WHAT IS EXPECTED: From the line containing "unfolding AllBehind insert_file" down to the line containing "ground (arith, e, first, h.1)" in the records below, reproduce every line exactly, ends included, and omit all others.

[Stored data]
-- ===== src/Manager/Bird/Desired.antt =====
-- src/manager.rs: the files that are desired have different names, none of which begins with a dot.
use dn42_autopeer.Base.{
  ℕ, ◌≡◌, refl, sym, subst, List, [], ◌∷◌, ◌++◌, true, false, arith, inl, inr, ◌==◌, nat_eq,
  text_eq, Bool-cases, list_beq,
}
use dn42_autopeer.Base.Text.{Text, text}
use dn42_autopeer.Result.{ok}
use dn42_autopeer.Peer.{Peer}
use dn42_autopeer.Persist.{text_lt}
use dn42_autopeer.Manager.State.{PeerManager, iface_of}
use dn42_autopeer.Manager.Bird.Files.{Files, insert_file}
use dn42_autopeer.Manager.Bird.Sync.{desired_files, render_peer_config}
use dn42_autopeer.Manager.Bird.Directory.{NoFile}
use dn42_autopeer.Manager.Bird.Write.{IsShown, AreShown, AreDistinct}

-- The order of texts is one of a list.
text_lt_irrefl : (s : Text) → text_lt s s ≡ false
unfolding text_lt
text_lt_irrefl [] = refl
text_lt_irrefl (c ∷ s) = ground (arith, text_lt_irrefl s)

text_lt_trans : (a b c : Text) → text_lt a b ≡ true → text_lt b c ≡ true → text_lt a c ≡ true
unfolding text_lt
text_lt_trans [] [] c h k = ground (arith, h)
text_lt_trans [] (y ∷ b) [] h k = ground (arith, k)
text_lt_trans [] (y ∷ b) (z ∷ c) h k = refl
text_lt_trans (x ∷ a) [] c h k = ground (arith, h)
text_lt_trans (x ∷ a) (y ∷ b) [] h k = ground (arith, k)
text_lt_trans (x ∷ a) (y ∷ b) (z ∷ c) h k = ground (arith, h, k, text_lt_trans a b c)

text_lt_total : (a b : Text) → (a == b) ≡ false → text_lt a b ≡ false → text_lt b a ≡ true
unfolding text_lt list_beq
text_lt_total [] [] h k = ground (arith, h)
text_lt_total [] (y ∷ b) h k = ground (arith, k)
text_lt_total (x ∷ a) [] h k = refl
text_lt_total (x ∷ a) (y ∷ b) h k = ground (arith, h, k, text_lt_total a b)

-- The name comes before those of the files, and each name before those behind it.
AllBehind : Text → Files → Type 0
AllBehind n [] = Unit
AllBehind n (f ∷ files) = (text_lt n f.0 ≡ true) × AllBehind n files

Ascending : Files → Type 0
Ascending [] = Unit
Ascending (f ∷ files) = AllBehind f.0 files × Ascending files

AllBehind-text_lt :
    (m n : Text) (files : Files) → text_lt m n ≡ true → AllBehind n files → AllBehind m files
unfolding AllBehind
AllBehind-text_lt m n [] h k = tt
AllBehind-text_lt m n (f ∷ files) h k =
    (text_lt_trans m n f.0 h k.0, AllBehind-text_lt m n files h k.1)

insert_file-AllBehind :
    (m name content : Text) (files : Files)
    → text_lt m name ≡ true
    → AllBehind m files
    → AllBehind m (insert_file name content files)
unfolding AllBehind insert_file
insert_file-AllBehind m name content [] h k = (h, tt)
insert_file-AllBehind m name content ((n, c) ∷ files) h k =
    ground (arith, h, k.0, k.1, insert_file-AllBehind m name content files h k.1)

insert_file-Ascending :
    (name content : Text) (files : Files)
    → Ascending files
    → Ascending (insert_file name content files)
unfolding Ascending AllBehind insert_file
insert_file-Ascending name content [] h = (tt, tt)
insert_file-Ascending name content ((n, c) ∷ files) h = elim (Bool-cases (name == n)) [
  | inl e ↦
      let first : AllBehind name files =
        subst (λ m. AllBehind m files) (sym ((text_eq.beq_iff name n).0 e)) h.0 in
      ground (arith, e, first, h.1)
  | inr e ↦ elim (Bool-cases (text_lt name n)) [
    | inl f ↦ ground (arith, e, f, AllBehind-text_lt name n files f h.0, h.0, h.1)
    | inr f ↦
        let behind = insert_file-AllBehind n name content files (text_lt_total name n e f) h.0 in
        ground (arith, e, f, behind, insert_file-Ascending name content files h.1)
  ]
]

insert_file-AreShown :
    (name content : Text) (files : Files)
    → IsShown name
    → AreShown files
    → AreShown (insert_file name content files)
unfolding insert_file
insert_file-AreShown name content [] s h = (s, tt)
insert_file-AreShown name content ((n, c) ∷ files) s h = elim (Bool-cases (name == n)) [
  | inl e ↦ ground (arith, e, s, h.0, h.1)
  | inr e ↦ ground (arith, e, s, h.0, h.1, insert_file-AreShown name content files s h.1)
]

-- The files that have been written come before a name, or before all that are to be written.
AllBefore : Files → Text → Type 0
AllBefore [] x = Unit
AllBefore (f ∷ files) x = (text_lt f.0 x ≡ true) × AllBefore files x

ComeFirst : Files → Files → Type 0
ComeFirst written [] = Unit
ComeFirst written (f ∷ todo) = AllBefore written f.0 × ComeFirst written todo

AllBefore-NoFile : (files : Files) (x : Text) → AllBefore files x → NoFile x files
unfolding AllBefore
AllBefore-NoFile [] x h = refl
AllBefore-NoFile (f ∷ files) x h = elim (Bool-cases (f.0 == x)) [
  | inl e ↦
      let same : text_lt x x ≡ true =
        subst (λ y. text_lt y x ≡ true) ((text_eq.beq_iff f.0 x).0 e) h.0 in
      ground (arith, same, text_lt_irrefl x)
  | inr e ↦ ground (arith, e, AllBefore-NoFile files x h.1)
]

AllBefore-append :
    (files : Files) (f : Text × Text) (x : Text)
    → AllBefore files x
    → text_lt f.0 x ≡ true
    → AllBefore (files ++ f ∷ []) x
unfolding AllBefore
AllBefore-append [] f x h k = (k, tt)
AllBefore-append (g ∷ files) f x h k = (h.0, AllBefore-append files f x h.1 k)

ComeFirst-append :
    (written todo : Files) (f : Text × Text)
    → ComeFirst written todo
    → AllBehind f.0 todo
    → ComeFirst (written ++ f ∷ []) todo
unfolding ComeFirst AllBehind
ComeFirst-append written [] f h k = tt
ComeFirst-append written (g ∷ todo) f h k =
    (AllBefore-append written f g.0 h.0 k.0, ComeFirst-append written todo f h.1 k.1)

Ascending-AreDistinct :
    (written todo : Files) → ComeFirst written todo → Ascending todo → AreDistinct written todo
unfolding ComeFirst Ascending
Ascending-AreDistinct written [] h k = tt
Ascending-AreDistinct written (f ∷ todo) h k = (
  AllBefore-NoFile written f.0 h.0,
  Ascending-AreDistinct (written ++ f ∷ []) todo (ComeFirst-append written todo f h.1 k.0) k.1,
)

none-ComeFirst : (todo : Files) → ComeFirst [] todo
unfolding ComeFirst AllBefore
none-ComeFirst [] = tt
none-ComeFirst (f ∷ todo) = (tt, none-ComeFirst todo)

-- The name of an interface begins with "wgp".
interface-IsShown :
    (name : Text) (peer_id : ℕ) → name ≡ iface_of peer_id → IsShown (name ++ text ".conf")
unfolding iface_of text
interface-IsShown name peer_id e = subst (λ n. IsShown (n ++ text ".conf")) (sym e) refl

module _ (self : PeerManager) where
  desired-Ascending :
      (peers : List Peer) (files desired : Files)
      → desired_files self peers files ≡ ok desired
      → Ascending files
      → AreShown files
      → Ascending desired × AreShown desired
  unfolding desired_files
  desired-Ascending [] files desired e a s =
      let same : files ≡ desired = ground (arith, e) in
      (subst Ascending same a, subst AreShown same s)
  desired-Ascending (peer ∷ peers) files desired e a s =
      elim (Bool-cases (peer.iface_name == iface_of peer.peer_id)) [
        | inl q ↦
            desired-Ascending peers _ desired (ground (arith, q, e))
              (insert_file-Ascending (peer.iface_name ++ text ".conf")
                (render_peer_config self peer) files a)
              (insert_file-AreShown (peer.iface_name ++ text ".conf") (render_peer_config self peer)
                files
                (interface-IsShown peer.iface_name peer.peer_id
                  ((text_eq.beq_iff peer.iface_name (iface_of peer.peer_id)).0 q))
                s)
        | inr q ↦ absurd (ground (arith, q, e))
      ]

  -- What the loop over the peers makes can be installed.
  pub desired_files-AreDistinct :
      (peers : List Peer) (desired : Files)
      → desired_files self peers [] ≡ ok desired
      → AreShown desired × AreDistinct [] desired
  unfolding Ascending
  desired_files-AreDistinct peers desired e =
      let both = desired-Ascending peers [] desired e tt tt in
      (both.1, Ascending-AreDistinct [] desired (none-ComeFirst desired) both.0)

RESPONSE TO THIS EXERCISE:
unfolding AllBehind insert_file
insert_file-AllBehind m name content [] h k = (h, tt)
insert_file-AllBehind m name content ((n, c) ∷ files) h k =
    ground (arith, h, k.0, k.1, insert_file-AllBehind m name content files h k.1)

insert_file-Ascending :
    (name content : Text) (files : Files)
    → Ascending files
    → Ascending (insert_file name content files)
unfolding Ascending AllBehind insert_file
insert_file-Ascending name content [] h = (tt, tt)
insert_file-Ascending name content ((n, c) ∷ files) h = elim (Bool-cases (name == n)) [
  | inl e ↦
      let first : AllBehind name files =
        subst (λ m. AllBehind m files) (sym ((text_eq.beq_iff name n).0 e)) h.0 in
      ground (arith, e, first, h.1)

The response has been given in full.